The only other caveat is that using too large a cap can cause a large inrush surge when the power first goes on. The cap has to get charged up to Vfan from 0v, and behaves almost like a dead short for a breif time. If you go too big, that surge could smoke your controller. This is not a big worry, just don't hook on a surplus pop-can sized monster cap thinking that 'bigger is always better'.

I would start with something like 500 to 1000µf, and work up from there. look at the caps on the MOBO. They are trying to do pretty much the same job.

Crisspy,

My turn to butt-in! My 2-bits....

Ooooo - A very detailed description for a fan controller, but not likely to be inexpensive.

I am in awe - a fellow tehno-junkie after my own heart! Arise!

Where do you get all these neat ideas? Do you spend your waking hours delving into techy manuals and reading up on this material?

As for the caps: I would probably start with something smaller than 500 to 1000uF. The inrush current @ 12VDC @ 1000uF is quite high and could damage your controller.

Cheerio!

TerryW

Unfortunately Terry, as yet with analog electronics my knowledge is mostly cut&paste. I understand enough to be dangerous, and I understand quite well in principal, but I still haven't done my homework with all the math so I can't quite design all the stuff that I generally know about. Kids and women came first I guess aaah... maybe not quite in that order I have done a fair bit of digital though, and the example circuits for most IC's are pretty straight forward and workable as long as they don't get to complicated.

I get the impression that when any electronics start to get more sophisticated, you need to be a big manufactury to get the costs down and crank them out at profit. The smaller volume stuff we see in computer niche markets seems to come mostly from Asian tie-ins or else is fairly basic stuff. It should be possible to do a good multi channel smart PWM fan controller, but keeping it cheap would be big-boy high volume stuff. Doesn't seem very viable at the homebrew/cottage level, too bad. I won't forget about it though, and I'll keep my eyes open when I dig into my next PICµ project. There are some pretty cool shortcuts and who knows what might turn up.
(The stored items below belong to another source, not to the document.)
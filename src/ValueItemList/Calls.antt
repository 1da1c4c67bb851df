-- ===== src/ValueItemList/Calls.antt =====
-- The push functions of value_item_list.c, with the nodes that they create.
use libredis_a.Common.{
  ℕ, ◌≡◌, ◌≢◌, refl, ap, ◌∙◌, false, Option, some, List, [], ◌∷◌, ◌++◌, arith, length, update, ◌==◌,
}
use libredis_a.Common.Int.{ℤ}
use libredis_a.ValueItemList.{
  Node, Obj, obj, dnum, llnum, Memory, State, ValueItemList, create_list, node_type_robj,
  node_type_buffer, node_type_longlong, node_type_double, create_double, create_long_long,
  create_generic, link_last, link_first, answer, rpush_double, rpush_long_long, rpush_generic,
  rpush, lpush_double, lpush_long_long, lpush_generic, lpush,
}
use libredis_a.ValueItemList.Spine.{NotIn, payload}
use libredis_a.ValueItemList.Push.{Holds, link_last-Holds, link_first-Holds}

module _ {Double : Type 0} where
  -- A call that leaves a list with the addresses and the contents, and answers with its length.
  pub record Answers (r : Option (State Double) × ℕ) (ys : List ℕ) (cs : List (ℕ × ℕ × Obj Double))
      : Type 0 where
    pub state : State Double
    pub is : r ≡ (some state, length ys)
    pub holds : Holds state ys cs

  answered :
      (t : State Double) (ys : List ℕ) (cs : List (ℕ × ℕ × Obj Double))
      → Holds t ys cs
      → Answers (answer t) ys cs
  answered t ys cs h = record { state = t; is = ap (λ n. (some t, n)) h.counted; holds = h }

  -- A new list holds nothing.
  pub create_list-Holds : (m : Memory Double) → Holds (m, create_list) [] []
  unfolding create_list
  create_list-Holds m = record {
    threads = record { spine = tt; head = refl; tail = tt; distinct = tt };
    contains = refl;
    counted = refl;
  }

  module _ (m : Memory Double) (list : ValueItemList) (xs : List ℕ) (cs : List (ℕ × ℕ × Obj Double))
      (before : Holds (m, list) xs cs) (p : ℕ) (real : p ≢ 0) (new : NotIn p xs) where
    last_answer :
        (n : Node Double)
        → (n.pre ≡ 0) × (n.next ≡ 0)
        → Answers
            (answer (link_last (update m p n, list) p))
            (xs ++ (p ∷ []))
            (cs ++ (payload n ∷ []))
    last_answer n alone =
        let h = link_last-Holds m list p n alone real xs new before.threads before.counted in
        answered _ _ _ (record {
          threads = h.threads;
          contains = h.contains ∙ ap (λ c. c ++ (payload n ∷ [])) before.contains;
          counted = h.counted;
        })

    first_answer :
        (n : Node Double)
        → (n.pre ≡ 0) × (n.next ≡ 0)
        → Answers (answer (link_first (update m p n, list) p)) (p ∷ xs) (payload n ∷ cs)
    first_answer n alone =
        let h = link_first-Holds m list p n alone real xs new before.threads before.counted in
        answered _ _ _ (record {
          threads = h.threads;
          contains = h.contains ∙ ap (λ c. payload n ∷ c) before.contains;
          counted = h.counted;
        })

    usable : (p == 0) ≡ false
    usable = ground arith

    -- With a fresh node, each rpush function puts its payload after the contents of a well-formed
    -- list and answers with the new length: a double, an integer, a buffer with its size, or an
    -- object.
    pub rpush-Answers :
        (score : Double) (n : ℤ) (buffer size : ℕ)
        → Answers
            (rpush_double (some (m, list)) p score)
            (xs ++ (p ∷ []))
            (cs ++ ((node_type_double, 0, dnum score) ∷ []))
          × Answers
              (rpush_long_long (some (m, list)) p n)
              (xs ++ (p ∷ []))
              (cs ++ ((node_type_longlong, 0, llnum n) ∷ []))
          × Answers
              (rpush_generic (some (m, list)) p buffer size node_type_buffer)
              (xs ++ (p ∷ []))
              (cs ++ ((node_type_buffer, size, obj buffer) ∷ []))
          × Answers
              (rpush (some (m, list)) p buffer)
              (xs ++ (p ∷ []))
              (cs ++ ((node_type_robj, 0, obj buffer) ∷ []))
    unfolding rpush_double rpush_long_long rpush_generic rpush create_double create_long_long
        create_generic
    rpush-Answers score n buffer size = rw usable (
      last_answer _ (refl, refl),
      last_answer _ (refl, refl),
      last_answer _ (refl, refl),
      last_answer _ (refl, refl),
    )

    -- With a fresh node, each lpush function puts its payload before the contents of a well-formed
    -- list and answers with the new length; the one for integers puts a node of the double type
    -- with the integer converted to a double.
    pub lpush-Answers :
        (score : Double) (to_double : ℤ → Double) (n : ℤ) (buffer size : ℕ)
        → Answers
            (lpush_double (some (m, list)) p score)
            (p ∷ xs)
            ((node_type_double, 0, dnum score) ∷ cs)
          × Answers
              (lpush_long_long to_double (some (m, list)) p n)
              (p ∷ xs)
              ((node_type_double, 0, dnum (to_double n)) ∷ cs)
          × Answers
              (lpush_generic (some (m, list)) p buffer size node_type_buffer)
              (p ∷ xs)
              ((node_type_buffer, size, obj buffer) ∷ cs)
          × Answers
              (lpush (some (m, list)) p buffer)
              (p ∷ xs)
              ((node_type_robj, 0, obj buffer) ∷ cs)
    unfolding lpush_double lpush_long_long lpush_generic lpush create_double create_long_long
        create_generic
    lpush-Answers score to_double n buffer size = rw usable (
      first_answer _ (refl, refl),
      first_answer _ (refl, refl),
      first_answer _ (refl, refl),
      first_answer _ (refl, refl),
    )
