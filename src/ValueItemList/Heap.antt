-- ===== src/ValueItemList/Heap.antt =====
-- freeValueItemList and freeValueItemNode of value_item_list.c, with the references that they give
-- back (decrRefCount of object.c). `live` tells which addresses hold a node that zfree has not
-- taken: a step that reads or releases any other one has no result, and neither has a panic.
use libredis_a.Common.{
  ℕ, zero, suc, ◌-◌, Bool, true, false, not, Option, none, some, update, ◌==◌, if◌then◌else◌, ◌>>=◌,
}
use libredis_a.ValueItemList.{Obj, obj, dnum, llnum, Memory, ValueItemList, node_type_robj}

pub record Heap (Double : Type 0) : Type 0 where
  pub nodes : Memory Double
  pub live : ℕ → Bool
  pub references : ℕ → ℕ

-- The count in `decrRefCount`, which panics at 0; at 0 the object is released.
unfoldable pub decr_ref : (ℕ → ℕ) → ℕ → Option (ℕ → ℕ)
decr_ref references o =
    if references o == 0 then none else some (update references o (references o - 1))

-- A pointer that is not NULL loses a reference.
unfoldable pub drop_object : (ℕ → ℕ) → ℕ → Option (ℕ → ℕ)
drop_object references o = if o == 0 then some references else decr_ref references o

module _ {Double : Type 0} where
  -- The object that a node refers to, if its type says that it holds one.
  unfoldable pub held : Bool → Obj Double → ℕ
  held false value = 0
  held true (obj o) = o
  held true (dnum x) = 0
  held true (llnum x) = 0

  -- `freeValueItemNode`.
  unfoldable pub free_node : Heap Double → ℕ → Option (Heap Double)
  free_node h p =
      if p == 0
      then some h
      else if not (h.live p)
      then none
      else (drop_object h.references (held ((h.nodes p).type == node_type_robj) ((h.nodes p).value))
          >>= λ references. some (record {
            nodes = update h.nodes p (record (h.nodes p) { value = obj 0; pre = 0; next = 0 });
            live = update h.live p false;
            references = references;
          }))

  -- The loop of `freeValueItemList`, in at most `fuel` rounds.
  unfoldable pub free_loop : ℕ → Heap Double → ValueItemList → Option (Heap Double × ValueItemList)
  free_loop zero h list = none
  free_loop (suc fuel) h list =
      let tmp = (h.nodes list.head).next in
      let rest = λ (after : Heap Double).
        free_loop fuel after (record list { head = tmp; len = list.len - 1 }) in
      if list.head == 0
      then some (h, list)
      else if not (h.live list.head)
      then none
      else free_node h list.head >>= rest

  -- `freeValueItemList`; the list's own struct is released at the end.
  unfoldable pub free_list : ℕ → Heap Double → Option ValueItemList → Option (Heap Double)
  free_list fuel h none = some h
  free_list fuel h (some list) = free_loop fuel h list >>= λ r. some (r.0)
An LC circuit is an capacitor (C) and an inductor (L) connected together. This is a circuit that acts as a band pass filter that resonates where the frequency of the effective resistance of L = the effective resistance of C.

This is called a tank circuit and it is used extensively in RF (radio) circuits where these are usualy called RLC circuits. The R is for resistance because the Q (bandwidth) of the circuit can be changed by adding or removing resistance. More resistance will decrease Q which means the bandwidth will increase.

The output of a PWM is a square wave which is basicly an AC current. Square waves because of thier shape (the sharp corners) have very high level of hamonics (noise). A tank circuit tuned to the same frequancy as the PWM output will remove the harmonics and give you something that approachs a sin wave AC current. So saying that this type of circuit is removing the AC is not correct as it is actualy removing the noise components from the AC and giving you a cleaner AC current.

Will adding a tank circuit to the output of a PWM make the fan run with less noise? I don't know and I would think that it would depend on what is causing the noise. If the noise was caused by the shape of the pulses it could.

Hal (AC6VZ)

A band pass filter is sort of what we need. One not tuned to the PWM frequency. Simple L-C tanks act more as a cut-off than a band pass. That is, they reduce anything above or below the LC resonant frequency, depending on the configuration. The configuration I described is a simple low pass. IE. reduce/block energy at frequencies above resonance. That's exactly how almost every I/O on the mobo gets treated before it hits the back panel (very small cap to ground, ferrite bead around wire), and how a noise trap for car radios works (in power leads), and why computer cables sometimes go through ferrite rings. All of these use a series L and a C to ground. Passes lower frequencies (including of course DC), reduces higher frequencies (RFI), helps meet FCC specs (is why they spend money doing it at all).